Just curious if anyone still uses the original Nintendo game console? I would like to find the game Bubble Bobble


----------



## njodis (Nov 8, 2006)

Yeah, I still play oldschool Nintendo once in a while. I have a Sony PSP with a NES emulator and every NES game they ever made. It's pretty awesome. 

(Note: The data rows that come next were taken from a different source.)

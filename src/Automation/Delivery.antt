-- ===== src/Automation/Delivery.antt =====
-- Leases on deliveries: claiming, acknowledging and failing (internal/automation/dispatcher.go).
use Prim.Native.String.{◌++◌ as text_append}
pub mod Rows
pub mod Fencing
pub mod Retries
pub mod Attempts
mod Tests
use delmos.Base.{
  ℕ, zero, suc, ◌+◌, String, Bool, true, false, ◌&&◌, Option, none, some, List, [], ◌∷◌, Dict,
  lookup, Result, ok, err, ltb, leb, ◌==◌, if◌then◌else◌,
}
use delmos.Automation.Outbox.{
  Envelope, OutboxRow, Subscription, Status, pending, leased, delivered, dead_letter, Delivery,
  Queue,
}

-- status = 'pending' OR (status = 'leased' AND lease_until < now()); a comparison with NULL fails.
abbrev pub expired : ℕ → Option ℕ → Bool
expired now none = false
expired now (some t) = ltb t now

abbrev pub claimable_status : Status → ℕ → Option ℕ → Bool
claimable_status pending now t = true
claimable_status leased now t = expired now t
claimable_status delivered now t = false
claimable_status dead_letter now t = false

abbrev pub claimable : ℕ → Delivery → Bool
claimable now d = claimable_status d.status now d.lease_until

abbrev pub lease : ℕ → ℕ → Delivery → Delivery
lease token until d = record d {
  status = leased;
  lease_token = some token;
  lease_until = some until;
  delivery_attempts = d.delivery_attempts + 1;
}

-- The UPDATE of `ClaimAndProcess`: the first `limit` claimable rows are leased; their ids.
pub claim : ℕ → ℕ → ℕ → ℕ → List Delivery → List Delivery × List ℕ
claim token now until zero ds = (ds, [])
claim token now until (suc limit) [] = ([], [])
claim token now until (suc limit) (d ∷ ds) =
    let (taken, ids) = claim token now until limit ds in
    let (passed, others) = claim token now until (suc limit) ds in
    if claimable now d then (lease token until d ∷ taken, d.id ∷ ids) else (d ∷ passed, others)

abbrev pub has_token : ℕ → Option ℕ → Bool
has_token token none = false
has_token token (some t) = t == token

abbrev pub ack_row : ℕ → Delivery → Delivery
ack_row now d = record d { status = delivered; completed_at = some now; lease_token = none }

-- The rows that WHERE id = $1 AND lease_token = $2 selects.
abbrev pub held : ℕ → ℕ → Delivery → Bool
held id token d = d.id == id && has_token token d.lease_token

-- The acknowledging UPDATE, and whether it affected a row.
pub acknowledge : ℕ → ℕ → ℕ → List Delivery → List Delivery × Bool
acknowledge now id token [] = ([], false)
acknowledge now id token (d ∷ ds) =
    let (rest, hit) = acknowledge now id token ds in
    if held id token d then (ack_row now d ∷ rest, true) else (d ∷ rest, hit)

abbrev pub fail_row : String → Delivery → Delivery
fail_row reason d = record d {
  status = if leb d.max_attempts d.delivery_attempts then dead_letter else pending;
  last_error = some reason;
  lease_token = none;
}

-- `markFailed`. Its UPDATE has WHERE id = $1 and looks at no token.
pub mark_failed : ℕ → String → List Delivery → List Delivery
mark_failed id reason [] = []
mark_failed id reason (d ∷ ds) =
    (if d.id == id then fail_row reason d else d) ∷ mark_failed id reason ds

-- `claimedDelivery`
pub record ClaimedDelivery : Type 0 where
  pub delivery_id : ℕ
  pub event_key : String
  pub trigger_key : String
  pub envelope : Envelope

pub find_event : ℕ → List OutboxRow → Option OutboxRow
find_event id [] = none
find_event id (r ∷ rs) = if r.id == id then some r else find_event id rs

pub find_subscription : ℕ → List Subscription → Option Subscription
find_subscription id [] = none
find_subscription id (s ∷ ss) = if s.id == id then some s else find_subscription id ss

abbrev pub listed : ℕ → List ℕ → Bool
listed n [] = false
listed n (m ∷ ms) = if n == m then true else listed n ms

-- The join of `loadDeliveryDetails`, for the rows with ids in the list.
pub load_details : List ℕ → Queue → List Delivery → List ClaimedDelivery
unfolding find_event find_subscription
load_details ids q [] = []
load_details ids q (d ∷ ds) =
    let rest = load_details ids q ds in
    if listed d.id ids
    then elim (find_event d.outbox_event_id q.outbox) [
      | none ↦ rest
      | some r ↦ elim (find_subscription d.subscription_id q.subscriptions) [
        | none ↦ rest
        | some s ↦
            record {
              delivery_id = d.id;
              event_key = r.event_key;
              trigger_key = s.trigger_key;
              envelope = r.envelope;
            }
            ∷ rest
      ]
    ]
    else rest

-- A handler acts on the state `W` of the program's other tables, or fails with a message.
abbrev pub Handler : Type 0 → Type 0
Handler W = Envelope → W → Result String W

-- What `processOne` returns: nil, or which of its errors.
pub data Processed : Type 0 where
  committed no_handler handler_failed lease_lost : Processed

abbrev pub no_handler_for : String → String
no_handler_for trigger_key = text_append "немає зареєстрованого обробника для " trigger_key

module _ {W : Type 0} (handlers : Dict (Handler W)) where
  -- The transaction of `processOne` after the handler: the effect `w'` stays only if the
  -- acknowledgement affects a row.
  pub finish : ℕ → ℕ → ℕ → W → W → List Delivery → W × List Delivery × Processed
  unfolding acknowledge
  finish now token id w w' ds =
      let (ds', hit) = acknowledge now id token ds in
      if hit then (w', ds', committed) else (w, ds, lease_lost)

  pub process_one : ℕ → ℕ → ClaimedDelivery → W → List Delivery → W × List Delivery × Processed
  unfolding finish mark_failed
  process_one now token c w ds = elim (lookup c.trigger_key handlers) [
    | none ↦ (w, mark_failed c.delivery_id (no_handler_for c.trigger_key) ds, no_handler)
    | some h ↦ elim (h c.envelope w) [
      | err reason ↦ (w, mark_failed c.delivery_id reason ds, handler_failed)
      | ok w' ↦ finish now token c.delivery_id w w' ds
    ]
  ]

  -- The loop of `ClaimAndProcess` over the details; it counts the deliveries that succeeded.
  pub process_all : ℕ → ℕ → List ClaimedDelivery → ℕ → W → List Delivery → W × List Delivery × ℕ
  unfolding process_one
  process_all now token [] n w ds = (w, ds, n)
  process_all now token (c ∷ cs) n w ds =
      let (w', ds', r) = process_one now token c w ds in
      process_all now token cs (elim r [ committed ↦ n + 1 | _ ↦ n ]) w' ds'

  -- `ClaimAndProcess`, run with no other worker in between. `lease_duration` is `e.leaseDuration`, in
  -- nanoseconds like `now`; the statement hands it to make_interval as seconds.
  pub claim_and_process : ℕ → ℕ → ℕ → ℕ → W → Queue → W × Queue × ℕ
  unfolding claim load_details process_all
  claim_and_process now token lease_duration batch w q =
      let (ds, ids) = claim token now (now + lease_duration) batch q.deliveries in
      let (w', ds', n) = process_all now token (load_details ids q ds) 0 w ds in
      (w', record q { deliveries = ds' }, n)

If you really want Bubble Bobble, I bet you could find it on eBay for very cheap.


----------



## xboxfreak (Jul 22, 2008)

I love the original and super nintendo. I would look on ebay or look into emulators.


----------



## Lonelyguy (Nov 8, 2003)

I still have my old NES console I got for Christmas when I was about 13. I don't play it much anymore, but a few years back I bought a bunch of used games on ebay. I would highly recommend Kirby's Adventure, which was released just a short time before the original NES died off. Excellent graphics and sound, plus its a really fun game. Another one I like is Felix the Cat, which is a side scroller much like the Mario Bros. series.


----------



## Mr. Frostie (Nov 2, 2008)

I don't have an NES anymore but my favorite games were SMB3 and Punchout.


----------



## bezoomny (Feb 10, 2007)

Original Nintendo was before my time, but I loved the Super Nintendo.


----------



## Scrub-Zero (Feb 9, 2004)

Mr. Frostie said:


> I don't have an NES anymore but my favorite games were SMB3 and Punchout.


good choice.
I liked metroid and contra a lot.
And of course dragon warrior and final fantasy.


----------



## Mc Borg (Jan 4, 2008)

Lonelyguy said:


> I still have my old NES console I got for Christmas when I was about 13. I don't play it much anymore, but a few years back I bought a bunch of used games on ebay. I would highly recommend Kirby's Adventure, which was released just a short time before the original NES died off. Excellent graphics and sound, plus its a really fun game. Another one I like is Felix the Cat, which is a side scroller much like the Mario Bros. series.


Yes, those are both classics... Felix the Cat was one of my favorites.
I still have my NES, but no games =[


----------



## shyvr6 (Feb 18, 2008)

I wish I still had my original Nintendo. I miss blowing all the dust out of the cartridges to get it to work, lol.


----------



## Polar (Dec 16, 2006)

I never had a Nintendo, but I remember I enjoyed my friend's. My first console was the SNES, and that was the only one I ever had too. Well, if you don't count the Game Boy that my parents returned after a day because I bought it with their credit card.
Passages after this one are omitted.